Certain of these risks may also apply to the RadioShack transaction. For any or all of these reasons, our pursuit of
an acquisition, investment, or merger may cause our actual results to differ materially from those anticipated.
Controlled Company Risks
As long as SoftBank controls us, other holders of our common stock will have limited ability to influence matters
requiring stockholder approval and SoftBank’s interest may conflict with ours and other stockholders.
SoftBank beneficially owns approximately 80% of the outstanding common stock of Sprint. As a result, until such
time as SoftBank and its controlled affiliates hold shares representing less than a majority of the votes entitled to be cast by
the holders of our outstanding common stock at a stockholder meeting, SoftBank generally will have the ability to control the
outcome of any matter submitted for the vote of our stockholders, except in certain circumstances set forth in our certificate
of incorporation or bylaws.
In addition, pursuant to our bylaws, we are subject to certain requirements and limitations regarding the
composition of our board of directors. Many of those requirements and limitations expire on or prior to July 10, 2016.

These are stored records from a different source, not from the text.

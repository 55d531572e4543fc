-- ===== src/Engine/Voices/Turns.antt =====
-- src/sfu/engine.rs, `Engine::run`: the lists of speakers in every engine that the media loop reaches.
use ababilx_chat_sfu.Shared.{ℕ, none, some, lookup, string_Eq, Option, Bool}
use ababilx_chat_sfu.Media.{Deps, Driver}
use ababilx_chat_sfu.Config.{Config}
use ababilx_chat_sfu.Engine.{Engine, Command, spawn, join, answer, mute, screen, leave, shutdown}
use ababilx_chat_sfu.Engine.Io.Seats.{
  poll_rooms-SameSeats, read_once-SameSeats, tell_time-SameSeats,
}
use ababilx_chat_sfu.Engine.Ticks.Keeps.{report_connections-SameSeats}
use ababilx_chat_sfu.Engine.Dispatch.{apply, set_state}
use ababilx_chat_sfu.Engine.Dispatch.Keeps.{handle_answer-SameSeats, set_state-SameSeats}
use ababilx_chat_sfu.Engine.Turn.{
  Step, command, poll, arrive, sweep, speak, read, tell, Reach, here, next,
}
use ababilx_chat_sfu.Engine.Voices.{IsVoiced, IsVoiced-same}
use ababilx_chat_sfu.Engine.Voices.Keeps.{
  poll_rooms-SameSpeaking, read_once-SameSpeaking, tell_time-SameSpeaking,
  report_connections-SameSpeaking, handle_answer-SameSpeaking, set_state-SameSpeaking,
}
use ababilx_chat_sfu.Engine.Voices.Moves.{IsVoiced-drop_peer, IsVoiced-reap, IsVoiced-tick_speaking}
use ababilx_chat_sfu.Engine.Voices.Joins.{IsVoiced-handle_join}

module _ {d : Deps} where
  IsVoiced-set_state :
      (id : ℕ) (muted active : Option Bool) (e : Engine d)
      → IsVoiced e
      → IsVoiced (set_state id muted active e)
  IsVoiced-set_state id muted active e =
      IsVoiced-same (set_state-SameSeats id muted active e)
        (set_state-SameSpeaking id muted active e)

  IsVoiced-apply : (now : ℕ) (c : Command) (e : Engine d) → IsVoiced e → IsVoiced (apply now c e)
  unfolding apply
  IsVoiced-apply now (join q) e v = IsVoiced-handle_join now q e v
  IsVoiced-apply now (answer peer sdp) e v =
      IsVoiced-same (handle_answer-SameSeats peer sdp e) (handle_answer-SameSpeaking peer sdp e) v
  IsVoiced-apply now (mute peer muted) e v = IsVoiced-set_state peer (some muted) none e v
  IsVoiced-apply now (screen peer active) e v = IsVoiced-set_state peer none (some active) e v
  IsVoiced-apply now (leave peer) e v = IsVoiced-drop_peer peer e v
  IsVoiced-apply now shutdown e v = v

module _ {d : Deps} (v : Driver d) where
  IsVoiced-Step : {e f : Engine d} → Step v e f → IsVoiced e → IsVoiced f
  IsVoiced-Step {e} (command now c left) h = IsVoiced-apply now c e h
  IsVoiced-Step {e} (poll fuel now wake {f} done) h =
      IsVoiced-same (poll_rooms-SameSeats v fuel now e f wake done)
        (poll_rooms-SameSpeaking v fuel now e f wake done) h
  IsVoiced-Step {e} arrive h =
      IsVoiced-same (report_connections-SameSeats e) (report_connections-SameSpeaking e) h
  IsVoiced-Step {e} (sweep now) h = IsVoiced-reap now e h
  IsVoiced-Step {e} (speak now) h = IsVoiced-tick_speaking now e h
  IsVoiced-Step {e} (read now got) h =
      IsVoiced-same (read_once-SameSeats v now got e) (read_once-SameSpeaking v now got e) h
  IsVoiced-Step {e} (tell now) h =
      IsVoiced-same (tell_time-SameSeats v now e) (tell_time-SameSpeaking v now e) h

  IsVoiced-Reach : {e f : Engine d} → Reach v e f → IsVoiced e → IsVoiced f
  IsVoiced-Reach here h = h
  IsVoiced-Reach (next r s) h = IsVoiced-Step s (IsVoiced-Reach r h)

  -- Whatever commands, packets, polls and clock ticks come to an engine that starts empty: every room
  -- lists as speaking only peers that are in it, whoever left or was replaced meanwhile, and lists them
  -- in the order of their ids as texts.
  pub Reach-spawn-IsVoiced :
      (config : Config d) (bound : d.Address) (now : ℕ) (e : Engine d)
      → Reach v (spawn config bound now) e
      → IsVoiced e
  unfolding spawn lookup
  Reach-spawn-IsVoiced config bound now e r = IsVoiced-Reach r (record { heard = λ m s there. cc })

Thereafter, for so long as SoftBank and its controlled affiliates hold shares of our common stock representing at least a
majority of the votes entitled to be cast by the holders of our common stock at a stockholder meeting, SoftBank will be able
to freely nominate and elect all the members of our board of directors, subject only to a requirement that a certain number of
directors qualify as "Independent Directors," as such term is defined in the NYSE listing rules and applicable laws. The
directors elected by SoftBank will have the authority to make decisions affecting the capital structure of the Company,
including the issuance of additional capital stock or options, the incurrence of additional indebtedness, the implementation of
stock repurchase programs, and the declaration of dividends.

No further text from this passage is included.